MOSCOW/ SYDNEY, June 20 (Reuters) - Three state-linked Russian banks aim to introduce a number of Islamic financial products this year that could increase pressure for Russian authorities to create a legal framework facilitating the industry.
Russian banks’ balance sheets have been strained by an economic crisis and Western-imposed sanctions, encouraging efforts to develop sharia-compliant finance to attract investors from the Gulf and southeast Asia.
But Russia does not have a large Muslim population to provide a ready-made customer base; only about 20 million of its roughly 145 million people are Muslims. So progress rests on a handful of pilot projects and the willingness of regulators to pass legislation that would make Islamic finance cost-effective.
Those efforts received a boost last month when Russian lenders Vnesheconombank, Sberbank and Tatfondbank signed agreements with the Islamic Development Bank (IDB) to support their initiatives.
Russia’s central bank has signed a similar agreement with the Saudi-based IDB, a multilateral lender which is one of the world’s largest issuers of Islamic bonds.
“There is now political will for Islamic finance to develop in Russia. The ice has broken and people now understand that Islamic banking products can be in demand,” said Maxim Osintsev, an executive director at Sberbank’s corporate and investment banking division.
Sberbank, the country’s largest lender by assets, aims to help to raise between $200 million and $300 million for a client this year via Islamic finance, which complies with religious principles such as a ban on interest payments, Osintsev said.
The IDB is backing those efforts, assigning teams to support each institution with legal and regulatory advice, said Ahmed Fayed Al Gebali, director of the IDB’s Islamic financial services department.

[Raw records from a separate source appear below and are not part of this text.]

-- ===== src/Provisioning/ProbeList/Prefix.antt =====
-- How much of the list `encode_setup_probes` gives.
use mathlib.Core.List.{append_assoc, append-nil}
use hub_core.Base.{
  ℕ, suc, ◌+◌, ◌≤◌, ◌<◌, ◌≡◌, refl, ap, sym, ◌∙◌, ◌⊎◌, inl, inr, List, [], ◌∷◌, ◌++◌, ltb, length,
  take, length-append, arith, Bool-cases,
}
use hub_core.Base.Text.{Text, decimal}
use hub_core.Provisioning.ProbeList.{
  SetupProbe, line_of, push_line, separator_len, max_probe_result_bytes, encode_loop,
  encode_setup_probes,
}

-- The lines, with a line feed between each two.
abbrev pub behind : List SetupProbe → Text
behind [] = []
behind (p ∷ ps) = b'\n' ∷ line_of p ++ behind ps

abbrev pub lines : List SetupProbe → Text
lines [] = []
lines (p ∷ ps) = line_of p ++ behind ps

onto : Text → List SetupProbe → Text
onto encoded [] = encoded
onto encoded (p ∷ ps) = onto (push_line encoded (line_of p)) ps

onto-cons : (x : ℕ) (xs : Text) (ps : List SetupProbe) → onto (x ∷ xs) ps ≡ x ∷ xs ++ behind ps
unfolding onto
onto-cons x xs [] = ap (◌∷◌ x) (sym (append-nil xs))
onto-cons x xs (p ∷ ps) =
    onto-cons x (xs ++ (b'\n' ∷ line_of p)) ps
    ∙ ap (◌∷◌ x) (append_assoc xs (b'\n' ∷ line_of p) (behind ps))

-- A line is never empty.
line_of-cons : (p : SetupProbe) → (x : ℕ) × (xs : Text) × (line_of p ≡ x ∷ xs)
unfolding line_of
line_of-cons p =
    elim p.probe_uuid
      as (λ u.
        (x : ℕ) × (xs : Text) × (u
            ++ (b'|' ∷ p.name
                ++ (b'|' ∷ decimal p.version_major ++ (b'.' ∷ decimal p.version_minor)))
          ≡ x ∷ xs)) [ [] ↦ (b'|', _, refl) | ◌∷◌ x xs ↦ (x, _, refl) ]

onto-lines : (ps : List SetupProbe) → onto [] ps ≡ lines ps
unfolding onto
onto-lines [] = refl
onto-lines (p ∷ ps) = let (x, xs, e) = line_of-cons p in rw e (onto-cons x xs ps)

length-push_line :
    (encoded line : Text)
    → length (push_line encoded line) ≡ length encoded + separator_len encoded + length line
length-push_line [] line = omega arith
length-push_line (x ∷ xs) line = omega (arith, length-append xs (b'\n' ∷ line))

encode_loop_lem :
    (encoded : Text) (ps : List SetupProbe)
    → length encoded ≤ max_probe_result_bytes
    → (n : ℕ) × (n ≤ length ps)
      × (encode_loop encoded ps ≡ onto encoded (take n ps))
      × (length (onto encoded (take n ps)) ≤ max_probe_result_bytes)
      × ((n ≡ length ps) ⊎ (max_probe_result_bytes < length (onto encoded (take (suc n) ps))))
unfolding encode_loop onto
encode_loop_lem encoded [] h = (0, omega arith, refl, h, inl refl)
encode_loop_lem encoded (p ∷ ps) h =
    let more = push_line encoded (line_of p) in
    let size = length-push_line encoded (line_of p) in
    elim (Bool-cases
      (ltb max_probe_result_bytes (length encoded + separator_len encoded + length (line_of p)))) [
        | inl full ↦ (0, omega arith, rw full refl, h, inr (ground arith))
        | inr fits ↦
            let (n, l, e, s, m) = encode_loop_lem more ps (ground arith) in
            (
              suc n,
              omega arith,
              rw fits e,
              s,
              elim m [ inl all ↦ inl (omega arith) | inr over ↦ inr over ],
            )
      ]

-- What `encode_setup_probes` gives is the lines of the first `n` probes, with a line feed between each
-- two, for the largest `n` for which this is at most 220 bytes: either all probes are listed, or one
-- more line would not have fitted.
pub encode_setup_probes-lines :
    (ps : List SetupProbe)
    → (n : ℕ) × (n ≤ length ps)
      × (encode_setup_probes ps ≡ lines (take n ps))
      × (length (encode_setup_probes ps) ≤ max_probe_result_bytes)
      × ((n ≡ length ps) ⊎ (max_probe_result_bytes < length (lines (take (suc n) ps))))
unfolding encode_setup_probes
encode_setup_probes-lines ps =
    let (n, l, e, s, m) = encode_loop_lem [] ps (omega arith) in
    let same = e ∙ onto-lines (take n ps) in
    (
      n,
      l,
      same,
      rw e s,
      elim m [ inl all ↦ inl all | inr over ↦ inr (rw (← onto-lines (take (suc n) ps)) over) ],
    )
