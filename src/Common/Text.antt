-- ===== src/Common/Text.antt =====
-- The functions of Go's `bytes`, `strings` and `filepath` packages that the program calls, over
-- the code points of a text. Paths are those of Unix, with `/` as the only separator.
use Prim.Native.Nat.{ℕ}
use Prim.Native.Char.{Char, code}
use Prim.Native.String.{String, [], ◌∷◌}
use mathlib.Core.Bool.{Bool, false, ◌&&◌, ◌||◌}
use mathlib.Core.Option.{Option, none, some}
use mathlib.Core.List.{List, [], ◌∷◌}
use trace2receiver.Common.Tests.{leb, eqb, if◌then◌else◌}
use trace2receiver.Common.Equality.{◌==◌, string_eq}

abbrev pub is_code : ℕ → Char → Bool
is_code n c = eqb (code c) n

-- strings.Map
unfoldable pub map_text : (Char → Char) → String → String
map_text f [] = []
map_text f (c ∷ s) = f c ∷ map_text f s

-- strings.Replace of a text of one character by another, everywhere.
unfoldable pub replace_char : ℕ → Char → String → String
replace_char old new [] = []
replace_char old new (c ∷ s) = (if is_code old c then new else c) ∷ replace_char old new s

-- strings.CutPrefix: the text behind the prefix, or `none` where it is not one.
unfoldable pub cut_prefix : String → String → Option String
cut_prefix s [] = some s
cut_prefix [] (p ∷ ps) = none
cut_prefix (c ∷ s) (p ∷ ps) = if is_code (code p) c then cut_prefix s ps else none

-- strings.HasSuffix
unfoldable pub has_suffix : String → String → Bool
has_suffix [] t = [] == t
has_suffix (c ∷ s) t = (c ∷ s) == t || has_suffix s t

-- strings.TrimSuffix
unfoldable pub trim_suffix : String → String → String
trim_suffix [] t = []
trim_suffix (c ∷ s) t = if (c ∷ s) == t then [] else c ∷ trim_suffix s t

abbrev push_head : Char → List String → List String
push_head c [] = (c ∷ []) ∷ []
push_head c (part ∷ parts) = (c ∷ part) ∷ parts

-- strings.Split at "/": always at least one part.
unfoldable pub split_slash : String → List String
split_slash [] = [] ∷ []
split_slash (c ∷ s) =
    let parts = split_slash s in if is_code b'/' c then [] ∷ parts else push_head c parts

-- unicode.IsSpace
abbrev pub is_space : Char → Bool
is_space c =
    let n = code c in
    leb 9 n && leb n 13
    || eqb n 0x20
    || eqb n 0x85
    || eqb n 0xa0
    || eqb n 0x1680
    || leb 0x2000 n && leb n 0x200a
    || eqb n 0x2028
    || eqb n 0x2029
    || eqb n 0x202f
    || eqb n 0x205f
    || eqb n 0x3000

unfoldable pub trim_left : (Char → Bool) → String → String
trim_left p [] = []
trim_left p (c ∷ s) = let rest = trim_left p s in if p c then rest else c ∷ s

unfoldable pub trim_right : (Char → Bool) → String → String
trim_right p [] = []
trim_right p (c ∷ s) = let rest = trim_right p s in if p c && rest == [] then [] else c ∷ rest

-- bytes.TrimSpace
unfoldable pub trim_space : String → String
unfolding trim_left trim_right
trim_space s = trim_right is_space (trim_left is_space s)

abbrev last_part : List String → String
last_part [] = []
last_part (part ∷ []) = part
last_part (part ∷ next ∷ parts) = last_part (next ∷ parts)

-- filepath.Base
unfoldable pub base : String → String
unfolding trim_right split_slash
base s =
    let name = last_part (split_slash (trim_right (is_code b'/') s)) in
    if s == [] then "." else if name == [] then "/" else name

has_slash : String → Bool
has_slash [] = false
has_slash (c ∷ s) = is_code b'/' c || has_slash s

-- filepath.Ext: from the last dot of the last path element.
unfoldable pub ext : String → String
unfolding has_slash
ext [] = []
ext (c ∷ s) =
    let rest = ext s in
    if has_slash s then rest else if rest == [] && is_code b'.' c then c ∷ s else rest
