-- ===== src/Jmap.antt =====
-- The typed getters of jmap_get.go. An optional getter returns `none` for a key that is absent,
-- and fails where the value has another type; a required one fails in both cases.
use trace2receiver.Common.{
  String, ◌<>◌, Bool, ℤ, List, Option, none, some, map, lookup, string_eq, Result, ok, err,
  error_text,
}
use trace2receiver.Common.Fallible.{◌>>=◌}
use trace2receiver.Json.{
  Float64, Value, bool, str, float64, int64, int, arr, str_arr, Jmap, elements,
}
use trace2receiver.Runtime.{Runtime, Time}

abbrev pub wrong_type {ℓ} : {A : Type ℓ} → String → String → Result A
wrong_type key what = err (error_text ("key '" <> key <> what))

optional_string : String → Value → Result (Option String)
optional_string key (str s) = ok (some s)
optional_string key _ = err (error_text ("optional key '" <> key <> "' does not have string value"))

unfoldable pub get_optional_string : Jmap → String → Result (Option String)
unfolding optional_string
get_optional_string jm key = elim (lookup key jm) [
  | none ↦ ok none
  | some v ↦ optional_string key v
]

-- getRequired
unfoldable pub get_required : Jmap → String → Result Value
get_required jm key = elim (lookup key jm) [
  | none ↦ wrong_type key "' not present in Trace2 event"
  | some v ↦ ok v
]

required_bool : String → Value → Result Bool
required_bool key (bool b) = ok b
required_bool key _ = wrong_type key "' does not have bool value"

unfoldable pub get_required_bool : Jmap → String → Result Bool
unfolding get_required required_bool
get_required_bool jm key = do v ← get_required jm key; required_bool key v

required_string : String → Value → Result String
required_string key (str s) = ok s
required_string key _ = wrong_type key "' does not have string value"

unfoldable pub get_required_string : Jmap → String → Result String
unfolding get_required required_string
get_required_string jm key = do v ← get_required jm key; required_string key v

-- The array getter copies a `[]string` into an `[]interface{}`.
required_array : String → Value → Result (List Value)
unfolding elements
required_array key (arr vs) = ok (elements vs)
required_array key (str_arr ss) = ok (map str ss)
required_array key _ = wrong_type key "' is not an array"

unfoldable pub get_required_array : Jmap → String → Result (List Value)
unfolding get_required required_array
get_required_array jm key = do v ← get_required jm key; required_array key v

module _ (rt : Runtime) where
  optional_int64 : String → Value → Result (Option ℤ)
  optional_int64 key (int64 n) = ok (some n)
  optional_int64 key (int n) = ok (some n)
  optional_int64 key (float64 f) = ok (some (rt.float64_to_int64 f))
  optional_int64 key _ = wrong_type key "' does not have an integer value"

  unfoldable pub get_optional_int64 : Jmap → String → Result (Option ℤ)
  unfolding optional_int64
  get_optional_int64 jm key = elim (lookup key jm) [
    | none ↦ ok none
    | some v ↦ optional_int64 key v
  ]

  required_int64 : String → Value → Result ℤ
  required_int64 key (int64 n) = ok n
  required_int64 key (int n) = ok n
  required_int64 key (float64 f) = ok (rt.float64_to_int64 f)
  required_int64 key _ = wrong_type key "' does not have an integer value"

  unfoldable pub get_required_int64 : Jmap → String → Result ℤ
  unfolding get_required required_int64
  get_required_int64 jm key = do v ← get_required jm key; required_int64 key v

  required_string_or_int64 : String → Value → Result Value
  required_string_or_int64 key (int64 n) = ok (int64 n)
  required_string_or_int64 key (int n) = ok (int64 n)
  required_string_or_int64 key (float64 f) = ok (int64 (rt.float64_to_int64 f))
  required_string_or_int64 key (str s) = ok (str s)
  required_string_or_int64 key _ = wrong_type key "' does not have an integer or string value"

  unfoldable pub get_required_string_or_int64 : Jmap → String → Result Value
  unfolding get_required required_string_or_int64
  get_required_string_or_int64 jm key = do v ← get_required jm key; required_string_or_int64 key v

  required_float64 : String → Value → Result Float64
  required_float64 key (float64 f) = ok f
  required_float64 key (int64 n) = ok (rt.int64_to_float64 n)
  required_float64 key (int n) = ok (rt.int64_to_float64 n)
  required_float64 key _ = wrong_type key "' does not have an float value"

  unfoldable pub get_required_float64 : Jmap → String → Result Float64
  unfolding get_required required_float64
  get_required_float64 jm key = do v ← get_required jm key; required_float64 key v

  -- The second layout is tried where the first one fails.
  or_offset : String → Result Time → Result Time
  or_offset v (ok t) = ok t
  or_offset v (err _) = rt.time_parse "2006-01-02T15:04:05.999999-07:00" v

  required_time : String → Value → Result Time
  unfolding or_offset
  required_time key (str v) = or_offset v (rt.time_parse "2006-01-02T15:04:05.999999Z" v)
  required_time key _ = wrong_type key "' does not have string value"

  unfoldable pub get_required_time : Jmap → String → Result Time
  unfolding get_required required_time
  get_required_time jm key = do v ← get_required jm key; required_time key v
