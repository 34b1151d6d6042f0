-- ===== src/Extract.antt =====
-- The functions `extract_keys__*` of evt_parse.go: each fills the common fields or one pointer of
-- the event from the JSON object. An error discards the event, which Go returns half filled beside
-- the error and no caller reads.
pub mod Process
pub mod Work
use trace2receiver.Common.{String, ok, Result}
use trace2receiver.Common.Fallible.{◌>>=◌}
use trace2receiver.Json.{Jmap}
use trace2receiver.Jmap.{get_required_string, get_required_time, get_optional_int64}
use trace2receiver.Event.{TrEvent}
use trace2receiver.Runtime.{Runtime}

module _ (rt : Runtime) where
  unfoldable pub extract_keys_common : TrEvent → Jmap → Result TrEvent
  extract_keys_common evt jm = do
    event ← get_required_string jm "event"
    sid ← get_required_string jm "sid"
    thread ← get_required_string jm "thread"
    time ← get_required_time rt jm "time"
    repo ← get_optional_int64 rt jm "repo"
    ok (record evt {
      mf_event = event;
      mf_sid = sid;
      mf_thread = thread;
      mf_time = time;
      pmf_repo = repo;
    })
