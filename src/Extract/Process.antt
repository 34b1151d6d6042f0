-- ===== src/Extract/Process.antt =====
-- The extractors of evt_parse.go for the events about the process as a whole.
use trace2receiver.Common.{String, ℤ, Option, none, some, Result, ok, err, error_text}
use trace2receiver.Common.Fallible.{◌>>=◌}
use trace2receiver.Json.{Jmap}
use trace2receiver.Jmap.{
  get_required_string, get_required_array, get_required_int64, get_optional_string,
}
use trace2receiver.Event.{TrEvent}
use trace2receiver.Runtime.{Runtime}

module _ (rt : Runtime) where
  unfoldable pub extract_keys_version : TrEvent → Jmap → Result TrEvent
  extract_keys_version evt jm = do
    evt_format ← get_required_string jm "evt"
    exe ← get_required_string jm "exe"
    ok (record evt { pm_version = some (record { mf_evt = evt_format; mf_exe = exe }) })

  unfoldable pub extract_keys_start : TrEvent → Jmap → Result TrEvent
  extract_keys_start evt jm = do
    argv ← get_required_array jm "argv"
    ok (record evt { pm_start = some (record { mf_argv = argv }) })

  unfoldable pub extract_keys_atexit : TrEvent → Jmap → Result TrEvent
  extract_keys_atexit evt jm = do
    code ← get_required_int64 rt jm "code"
    ok (record evt { pm_atexit = some (record { mf_code = code }) })

  unfoldable pub extract_keys_signal : TrEvent → Jmap → Result TrEvent
  extract_keys_signal evt jm = do
    signo ← get_required_int64 rt jm "signo"
    ok (record evt { pm_signal = some (record { mf_signo = signo }) })

  unfoldable pub extract_keys_error : TrEvent → Jmap → Result TrEvent
  extract_keys_error evt jm = do
    msg ← get_required_string jm "msg"
    fmt ← get_required_string jm "fmt"
    ok (record evt { pm_error = some (record { mf_msg = msg; mf_fmt = fmt }) })

  unfoldable pub extract_keys_cmd_path : TrEvent → Jmap → Result TrEvent
  extract_keys_cmd_path evt jm = do
    path ← get_required_string jm "path"
    ok (record evt { pm_cmd_path = some (record { mf_path = path }) })

  unfoldable pub extract_keys_cmd_ancestry : TrEvent → Jmap → Result TrEvent
  extract_keys_cmd_ancestry evt jm = do
    ancestry ← get_required_array jm "ancestry"
    ok (record evt { pm_cmd_ancestry = some (record { mf_ancestry = ancestry }) })

  unfoldable pub extract_keys_cmd_name : TrEvent → Jmap → Result TrEvent
  extract_keys_cmd_name evt jm = do
    name ← get_required_string jm "name"
    hierarchy ← get_required_string jm "hierarchy"
    ok (record evt { pm_cmd_name = some (record { mf_name = name; mf_hierarchy = hierarchy }) })

  unfoldable pub extract_keys_cmd_mode : TrEvent → Jmap → Result TrEvent
  extract_keys_cmd_mode evt jm = do
    name ← get_required_string jm "name"
    ok (record evt { pm_cmd_mode = some (record { mf_name = name }) })

  unfoldable pub extract_keys_alias : TrEvent → Jmap → Result TrEvent
  extract_keys_alias evt jm = do
    alias ← get_required_string jm "alias"
    argv ← get_required_array jm "argv"
    ok (record evt { pm_alias = some (record { mf_alias = alias; mf_argv = argv }) })

  unfoldable pub extract_keys_def_param : TrEvent → Jmap → Result TrEvent
  extract_keys_def_param evt jm = do
    param ← get_required_string jm "param"
    value ← get_required_string jm "value"
    scope ← get_optional_string jm "scope"
    ok (record evt {
      pm_def_param = some (record { mf_param = param; mf_value = value; pmf_scope = scope });
    })

  -- "repo" is optional among the common fields and required here.
  unfoldable pub worktree_of : Option ℤ → Jmap → Result String
  worktree_of none jm = err (error_text "key 'repo' is not present in Trace2 event")
  worktree_of (some repo) jm = get_required_string jm "worktree"

  unfoldable pub extract_keys_def_repo : TrEvent → Jmap → Result TrEvent
  unfolding worktree_of
  extract_keys_def_repo evt jm = do
    worktree ← worktree_of evt.pmf_repo jm
    ok (record evt { pm_def_repo = some (record { mf_worktree = worktree }) })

Taxation issues are often an obstacle to Islamic finance deals, which can attract double or triple tax duties since they require multiple transfers of underlying assets.
“Legislation is a major issue -- there is still no definition of Islamic finance in the Russian legal system,” Linar Yakupov, head of the Association of Regional Investment Agencies of the Russian Federation, said.
“These new efforts will create new impetus. It’s a step forward but there is still more to do.”
State development bank Vnesheconombank could be first to reach the market as it is governed under a different federal law than other local banks, allowing it to avoid tax hurdles.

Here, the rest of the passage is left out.